Ex-backpacker, 74, slows down, savors deeper experiences

Daniel Klein takes a stroll after a meal at Dimitri’s tavern, on the Greek island of Hydra, which he has been visiting for 40 years.

In his early years, Klein darted through Europe like a bird of passage, moving from town to town under the same vagabond spell that draws so many young backpackers today.

“Nothing made me happier than boarding a train at the Gare d’Austerlitz in Paris, a Eurail pass in my pocket, and then getting off the train when the whim struck,” he said. “I was always seeking extraordinary encounters, always in motion, like an anthropologist with ADD.”

Age put an end to those days of mad-dash travel, and maybe, as he now feels, it was always meant to.

Below are excerpts from a conversation with Klein, 74, author of Travels With Epicurus, on how to travel in one’s later years.

Q: How did the way you travel change as you’ve gotten older?

A: In the past, I’d spend a few days walking around a new town, eating in cheap restaurants, looking for adventures and generally feeling like a mysterious stranger. Then I’d hop on another train and see where it took me. I certainly travel differently now. For starters, I now need to pack my “clinic” - I’ll spare you an itemized inventory of pills and medical devices, but suffice it to say that it’s all I can manage to fit it into a single carry-on bag. On the plus side, I don’t need to pack rock-climbing gear or a broad variety of garments for various climates, because these days I have absolutely no desire to climb rocks, and I only travel to one place and stay put.

Q: Does staying in one place offer any advantages compared with sightseeing?

A: There’s something about old age that can induce the patience needed to gradually sink beneath the surface of a new environment. Instead of trying to keep track of constantly changing scenes, we can delve into a single scene. Yum.

Q: What’s your ideal vacation?

A: I no longer crave the stunning, visceral travel experiences of my youth; now I look for quieter, simpler, more poetic experiences. The whole 1,000 Places to See Before You Die phenomenon makes me want to hole up in a monastery. The before-I-die part alone gives me the willies.But mostly the idea of spending my remaining active years racing from the Inca Trail to the Dead Sea is, as Cole Porter once wrote, “my idea of nothing to do.”

Q: Why is that?

A: Always journeying to someplace new gets old fast. I hope I don’t sound jaded,but I feel like I’ve already done “new” a sufficient number of times for one lifetime. To be sure, seeing Chartres for the first time was thrilling; ditto for the Grand Canyon and the bazaar in Istanbul. But there came a point when I no longer experienced a thrill from sighting a previously unseen site. That may be because I know that there is an infinite number of experiences I will never have, magnificent sites I will never see, and since there is an infinite number of them - heck, 1,000 is damn near infinite when you are 75 - each individual new sight ceases to add anything to my life. But what I think of as resonant experiences, particularly resonant travel experiences, do add something to my life.Deepen it, I guess. For me, that often means attempting to slip into the head of a person of a different culture and catch a glimpse of how he sees the world. That experience enriches my appreciation of life. Honestly, I’m OK about skipping the Pyramids.

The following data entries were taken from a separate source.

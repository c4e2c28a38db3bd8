-- ===== src/MsgRw/Buffer.antt =====
-- The buffers of `CMsgRW` (`m_buf`, `m_msgbuf`, `m_lenbuf`): their invariant, and what the steps of
-- `ReadPacket` do to them.
use o2k.Prelude.{
  ℕ, zero, suc, ◌+◌, ◌≤◌, ◌<◌, ◌≡◌, refl, ◌⊎◌, List, [], ◌∷◌, ◌++◌, length, length-append,
  length-drop, length-tabulate, drop, set, get_elem?, Option, none, some, lt→ltb, le→not_ltb, arith,
}
use o2k.Outcome.{ok, fault}
use o2k.Os.{Os}
use o2k.Socket.{overlay}
use o2k.MsgRw.{
  MsgRw, msgbuf, set_msgbuf, write_front, write_at, make_room, len_adm_pkg, max_adm_pkg,
}

-- `m_lenbuf` is the length of the array from `new[]`, which is longer than `m_buf`, or 0.
abbrev pub HeapFits : Option (List ℕ) → ℕ → Type 0
HeapFits none n = n ≡ 0
HeapFits (some a) n = (length a ≡ n) × (len_adm_pkg + 2 < n) × (n ≤ max_adm_pkg + 2)

-- The buffers have the sizes that the fields say, and a message at hand has a NUL behind it.
pub record IsWellFormed (s : MsgRw) : Type 0 where
  pub buf_size : length s.buf ≡ len_adm_pkg + 2
  pub heap_size : HeapFits s.heap s.lenbuf
  pub terminated : 0 < s.lenmsg → get_elem? (msgbuf s) s.lenmsg ≡ some 0

-- The packet lengths for which `make_room` leaves an array with no place for the NUL.
abbrev pub Overflows : ℕ → MsgRw → Type 0
Overflows n s = (len_adm_pkg < n) × (n ≡ s.lenbuf)

module _ {World : Type 0} (os : Os World) where
  pub length-make_room :
      (n : ℕ) (w : World) (s : MsgRw)
      → length s.buf ≡ len_adm_pkg + 2
      → HeapFits s.heap s.lenbuf
      → (n < length (msgbuf (make_room os n w s)))
        ⊎ (Overflows n s × (length (msgbuf (make_room os n w s)) ≡ n))
  unfolding make_room
  length-make_room n w s hb hh = ground (arith, length-tabulate (os.junk w) (n + 2))

  pub make_room-HeapFits :
      (n : ℕ) (w : World) (s : MsgRw)
      → n ≤ max_adm_pkg
      → HeapFits s.heap s.lenbuf
      → HeapFits (make_room os n w s).heap (make_room os n w s).lenbuf
  unfolding make_room
  make_room-HeapFits n w s hn hh = ground (arith, length-tabulate (os.junk w) (n + 2))

  pub make_room_same : (n : ℕ) (w : World) (s : MsgRw) → n ≤ s.lenbuf → make_room os n w s ≡ s
  unfolding make_room
  make_room_same n w s h = ground arith

  pub make_room_keeps :
      (n : ℕ) (w : World) (s : MsgRw)
      → ((make_room os n w s).buf ≡ s.buf)
        × ((make_room os n w s).sock ≡ s.sock)
        × ((make_room os n w s).errbuf ≡ s.errbuf)
        × ((make_room os n w s).lenmsg ≡ s.lenmsg)
  unfolding make_room
  make_room_keeps n w s = ground arith

-- The array at hand, where its length is that of the packet.
pub length-msgbuf :
    (n : ℕ) (s : MsgRw)
    → HeapFits s.heap s.lenbuf
    → len_adm_pkg < n
    → n ≡ s.lenbuf
    → length (msgbuf s) ≡ n
length-msgbuf n s hh long same = ground arith

pub length-overlay :
    (bs mem : List ℕ) → length bs ≤ length mem → length (overlay bs mem) ≡ length mem
length-overlay bs mem h = rw (length-append, length-drop) (omega arith)

-- A NUL behind the bytes that were written at the front.
pub set-overlay :
    (bs mem : List ℕ) (v : ℕ)
    → length bs < length mem
    → set (overlay bs mem) (length bs) v ≡ bs ++ (v ∷ drop (suc (length bs)) mem)
set-overlay [] [] v h = absurd (omega arith)
set-overlay [] (m ∷ mem) v h = refl
set-overlay (b ∷ bs) [] v h = absurd (omega arith)
set-overlay (b ∷ bs) (m ∷ mem) v h = rw (set-overlay bs mem v (omega arith))

pub get_elem?-set_self : (xs : List ℕ) (i v : ℕ) → i < length xs → get_elem? (set xs i v) i ≡ some v
get_elem?-set_self [] i v h = absurd (omega arith)
get_elem?-set_self (x ∷ xs) zero v h = refl
get_elem?-set_self (x ∷ xs) (suc i) v h = get_elem?-set_self xs i v (omega arith)

pub msgbuf-set_msgbuf : (s : MsgRw) (mem : List ℕ) → msgbuf (set_msgbuf s mem) ≡ mem
msgbuf-set_msgbuf s mem = ground arith

pub set_msgbuf_keeps :
    (s : MsgRw) (mem : List ℕ)
    → length s.buf ≡ len_adm_pkg + 2
    → HeapFits s.heap s.lenbuf
    → length mem ≡ length (msgbuf s)
    → (length (set_msgbuf s mem).buf ≡ len_adm_pkg + 2)
      × HeapFits (set_msgbuf s mem).heap (set_msgbuf s mem).lenbuf
      × ((set_msgbuf s mem).sock ≡ s.sock)
      × ((set_msgbuf s mem).lenmsg ≡ s.lenmsg)
      × ((set_msgbuf s mem).lenbuf ≡ s.lenbuf)
set_msgbuf_keeps s mem hb hh e = ground arith

pub write_front_lem :
    (bs mem : List ℕ) → length bs ≤ length mem → write_front bs mem ≡ ok (overlay bs mem)
unfolding write_front
write_front_lem bs mem h = ground arith

pub write_at_lem : (mem : List ℕ) (i v : ℕ) → i < length mem → write_at mem i v ≡ ok (set mem i v)
unfolding write_at
write_at_lem mem i v h = rw (lt→ltb _ _ h)

pub write_at_fault : (mem : List ℕ) (i v : ℕ) → length mem ≤ i → write_at mem i v ≡ fault
unfolding write_at
write_at_fault mem i v h = rw (le→not_ltb _ _ h)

Q: Which considerations should older adults make, if they want to get the most out of a vacation?

A: Most are practical. For example, many old people don’t want to be 18 hours away from a hospital or a pharmacy. Uninterrupted electricity may be a consideration if you are lugging along, say, a respirator - you’d be surprised how many spots that alone eliminates. The main idea is we don’t want to spend our away time feeling insecure.

Q: Could you describe a resonant travel experience you’ve had?

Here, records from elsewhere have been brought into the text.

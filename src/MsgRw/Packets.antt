-- ===== src/MsgRw/Packets.antt =====
-- `CMsgRW::ReadPacket`: what every call keeps, what it returns on a packet, and the packets on which
-- it writes outside its array.
use o2k.Prelude.{
  ℕ, ◌+◌, ◌≤◌, ◌<◌, ◌≡◌, refl, ap, subst, ◌∙◌, ◌⊎◌, inl, inr, ℤ, pos, negsuc, is_neg, ◌==ℤ◌, ==ℤ→eq,
  true, false, List, length, length-set, set, get_elem?, some, ltb, Bool-cases, not_ltb→le, arith,
}
use o2k.Outcome.{ok, fault, Returns, Returns-weaken, Returns-bind}
use o2k.Os.{Os, IsStream}
use o2k.Socket.{
  no_error, not_enough_data, invalid_format, size_too_long, Read, socket_read, overlay, header_of,
}
use o2k.Socket.Reading.{ReadPost, peer_closed, call_failed, socket_read-Returns}
use o2k.MsgRw.{
  MsgRw, msgbuf, set_msgbuf, clear, make_room, read_payload, check_length, read_packet, len_adm_pkg,
  max_adm_pkg,
}
use o2k.MsgRw.Buffer.{
  IsWellFormed, HeapFits, Overflows, length-make_room, make_room-HeapFits, make_room_keeps,
  length-overlay, get_elem?-set_self, msgbuf-set_msgbuf, set_msgbuf_keeps, write_front_lem,
  write_at_lem, write_at_fault,
}

-- What a call of `ReadPacket` leaves: well-formed buffers, and a return value that is the length of
-- the message at hand, or -1 with no message.
pub record PacketPost {World : Type 0} (sock : ℤ) (end : ℤ × MsgRw × World) : Type 0 where
  pub well_formed : IsWellFormed end.1
  pub sock_kept : end.1.sock ≡ sock
  pub code_cases : (end.0 ≡ pos end.1.lenmsg) ⊎ ((end.0 ≡ negsuc 0) × (end.1.lenmsg ≡ 0))

bytes-le :
    {World : Type 0} {os : Os World} {stream : IsStream os} {fd : ℤ} {len : ℕ} {total : List ℕ}
    {w : World} {end : Read × World}
    → ReadPost stream fd len total w end
    → length end.0.bytes ≤ len
bytes-le p = elim p.code_cases [ inl (_, e) ↦ omega (arith, e) | inr (_, h) ↦ omega (arith, h) ]

-- The one negative value that `SocketRead` returns.
code_of_failure :
    {World : Type 0} {os : Os World} {stream : IsStream os} {fd : ℤ} {len : ℕ} {total : List ℕ}
    {w : World} {end : Read × World}
    → ReadPost stream fd len total w end
    → is_neg end.0.code ≡ true
    → end.0.code ≡ negsuc 0
code_of_failure {end = end} p neg = elim p.code_cases [
  | inl (e, _) ↦ cc (neg, ap is_neg e)
  | inr (peer_closed _ _ e _ _, _) ↦ cc (neg, ap is_neg e)
  | inr (call_failed _ _ e _ _ _, _) ↦ e
]

module _ {World : Type 0} (os : Os World) (stream : IsStream os) where
  read_payload-Returns :
      (fuel n : ℕ) (s : MsgRw) (w : World)
      → length s.buf ≡ len_adm_pkg + 2
      → HeapFits s.heap s.lenbuf
      → s.lenmsg ≡ 0
      → n < length (msgbuf s)
      → n + stream.signals w < fuel
      → Returns (PacketPost s.sock) (read_payload os fuel n s w)
  unfolding read_payload
  read_payload-Returns fuel n s w hb hh hm fits enough =
      Returns-bind _ _ (socket_read-Returns os stream fuel s.sock n s.errbuf w enough) λ r _ p.
        let mem : List ℕ = overlay r.0.bytes (msgbuf s) in
        let size : length mem ≡ length (msgbuf s) =
          length-overlay r.0.bytes (msgbuf s) (omega (arith, bytes-le p)) in
        let size' : length (set mem n 0) ≡ length (msgbuf s) = length-set mem n 0 ∙ size in
        let (hb', hh', hs', hm', _) = set_msgbuf_keeps s (set mem n 0) hb hh size' in
        let nul : get_elem? (msgbuf (set_msgbuf s (set mem n 0))) n ≡ some 0 =
          rw msgbuf-set_msgbuf (get_elem?-set_self mem n 0 (omega arith)) in
        rw
          (
            write_front_lem r.0.bytes (msgbuf s) (omega (arith, bytes-le p)),
            write_at_lem mem n 0 (omega arith),
          )
          (elim (Bool-cases (r.0.code ==ℤ pos n)) [
            | inl all ↦ rw all (record {
              value = (
                r.0.code,
                record (set_msgbuf s (set mem n 0)) { errbuf = r.0.err; lenmsg = n },
                r.1,
              );
              ends = refl;
              holds = record {
                well_formed = record { buf_size = hb'; heap_size = hh'; terminated = λ _. nul };
                sock_kept = hs';
                code_cases = inl (==ℤ→eq _ _ all);
              };
            })
            | inr few ↦ rw few (record {
              value =
                  (negsuc 0, record (set_msgbuf s (set mem n 0)) { errbuf = not_enough_data }, r.1);
              ends = refl;
              holds = record {
                well_formed = record {
                  buf_size = hb';
                  heap_size = hh';
                  terminated = λ h. absurd (omega (arith, hm', hm));
                };
                sock_kept = hs';
                code_cases = inr (refl, hm' ∙ hm);
              };
            })
          ])

  pub read_payload-fault :
      (fuel n : ℕ) (s : MsgRw) (w : World)
      → length (msgbuf s) ≡ n
      → n + stream.signals w < fuel
      → read_payload os fuel n s w ≡ fault
  unfolding read_payload
  read_payload-fault fuel n s w e enough =
      let q = socket_read-Returns os stream fuel s.sock n s.errbuf w enough in
      let short : length q.value.0.bytes ≤ length (msgbuf s) = omega (arith, bytes-le q.holds) in
      rw (
        q.ends,
        write_front_lem q.value.0.bytes (msgbuf s) short,
        write_at_fault (overlay q.value.0.bytes (msgbuf s)) n 0
            (omega (arith, length-overlay q.value.0.bytes (msgbuf s) short)),
      )

  check_length-Returns :
      (fuel : ℕ) (len : ℤ) (s : MsgRw) (w : World)
      → length s.buf ≡ len_adm_pkg + 2
      → HeapFits s.heap s.lenbuf
      → s.lenmsg ≡ 0
      → max_adm_pkg + stream.signals w < fuel
      → Returns (PacketPost s.sock) (check_length os fuel len s w)
        ⊎ ((n : ℕ) × (check_length os fuel len s w ≡ fault) × (len ≡ pos n) × Overflows n s)
  unfolding check_length
  check_length-Returns fuel (negsuc k) s w hb hh hm enough = inl (record {
    value = (negsuc 0, record s { errbuf = invalid_format }, w);
    ends = refl;
    holds = record {
      well_formed = record {
        buf_size = hb;
        heap_size = hh;
        terminated = λ h. absurd (omega (arith, hm));
      };
      sock_kept = refl;
      code_cases = inr (refl, hm);
    };
  })
  check_length-Returns fuel (pos n) s w hb hh hm enough = elim (Bool-cases (ltb max_adm_pkg n)) [
    | inl long ↦ rw long (
        inl (record {
          value = (negsuc 0, record s { errbuf = size_too_long n }, w);
          ends = refl;
          holds = record {
            well_formed = record {
              buf_size = hb;
              heap_size = hh;
              terminated = λ h. absurd (omega (arith, hm));
            };
            sock_kept = refl;
            code_cases = inr (refl, hm);
          };
        }))
    | inr short ↦
        let (kb, ks, ke, km) = make_room_keeps os n w s in
        rw short (elim (length-make_room os n w s hb hh) [
          | inl fits ↦ inl (
              Returns-weaken
                (read_payload-Returns fuel n (make_room os n w s) w (ap length kb ∙ hb)
                  (make_room-HeapFits os n w s (not_ltb→le _ _ short) hh) (km ∙ hm) fits
                  (omega (arith, not_ltb→le _ _ short)))
                λ end p. subst (λ fd. PacketPost fd end) ks p)
          | inr (over, full) ↦ inr (
            n,
            read_payload-fault fuel n (make_room os n w s) w full
                (omega (arith, not_ltb→le _ _ short)),
            refl,
            over,
          )
        ])
  ]

  -- The header that `ReadPacket` reads first has a packet of `n` bytes.
  pub record Announced (fuel : ℕ) (s : MsgRw) (w : World) (n : ℕ) : Type 0 where
    pub header : Read
    pub behind : World
    pub answered : socket_read os fuel s.sock (pos 4) no_error w ≡ ok (header, behind)
    pub no_failure : is_neg header.code ≡ false
    pub announced : header_of os header.bytes w ≡ pos n

  -- On well-formed buffers, with fuel above the largest packet and the number of signals that are to
  -- come, `ReadPacket` returns with well-formed buffers and, as its value, the length of the message
  -- at hand, or -1 with no message at hand; or it writes outside its array, and then the header that
  -- it has read has a length which is more than LEN_ADM_PKG and that of the array at hand, `m_lenbuf`.
  pub read_packet-Returns :
      (fuel : ℕ) (s : MsgRw) (w : World)
      → IsWellFormed s
      → max_adm_pkg + 4 + stream.signals w < fuel
      → Returns (PacketPost s.sock) (read_packet os fuel s w)
        ⊎ ((n : ℕ) × (read_packet os fuel s w ≡ fault) × Announced fuel s w n × Overflows n s)
  unfolding read_packet
  read_packet-Returns fuel s w v enough =
      let h = socket_read-Returns os stream fuel s.sock 4 no_error w (omega arith) in
      rw h.ends (elim (Bool-cases (is_neg h.value.0.code)) [
        | inl bad ↦ rw bad (
            inl (record {
              value =
                  (h.value.0.code, record (clear s false) { errbuf = h.value.0.err }, h.value.1);
              ends = refl;
              holds = record {
                well_formed = record {
                  buf_size = v.buf_size;
                  heap_size = v.heap_size;
                  terminated = λ more. absurd (omega arith);
                };
                sock_kept = refl;
                code_cases = inr (code_of_failure h.holds bad, refl);
              };
            }))
        | inr good ↦
            rw good
              (elim (check_length-Returns fuel (header_of os h.value.0.bytes w) _ h.value.1
                v.buf_size v.heap_size refl (omega (arith, h.holds.signals_kept))) [
                  | inl r ↦ inl r
                  | inr (n, bad, len, over) ↦ inr (
                    n,
                    bad,
                    record {
                      header = h.value.0;
                      behind = h.value.1;
                      answered = h.ends;
                      no_failure = good;
                      announced = len;
                    },
                    over,
                  )
                ])
      ])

A: There is something about the Greek landscape and culture that has resonated with me since I first visited in my late 20s. The stark contrast between sea and rock, magnified by the crystalline Aegean sun, seems to answer some primal yearning for the marriage of opposites.

For me now, the peak travel experience is becoming a regular in a cafe, like at Dimitri’s taverna in the tiny village of Kamini on Hydra, the Greek island I have visited for over 40 years. And the ne plus ultra is having a regular chair in the regular cafe where Dimitri brings me my regular, a metrio (a sweetened Greek coffee), without my asking. This is traveling from one world to another by making the new familiar. This is the best that travel can offer.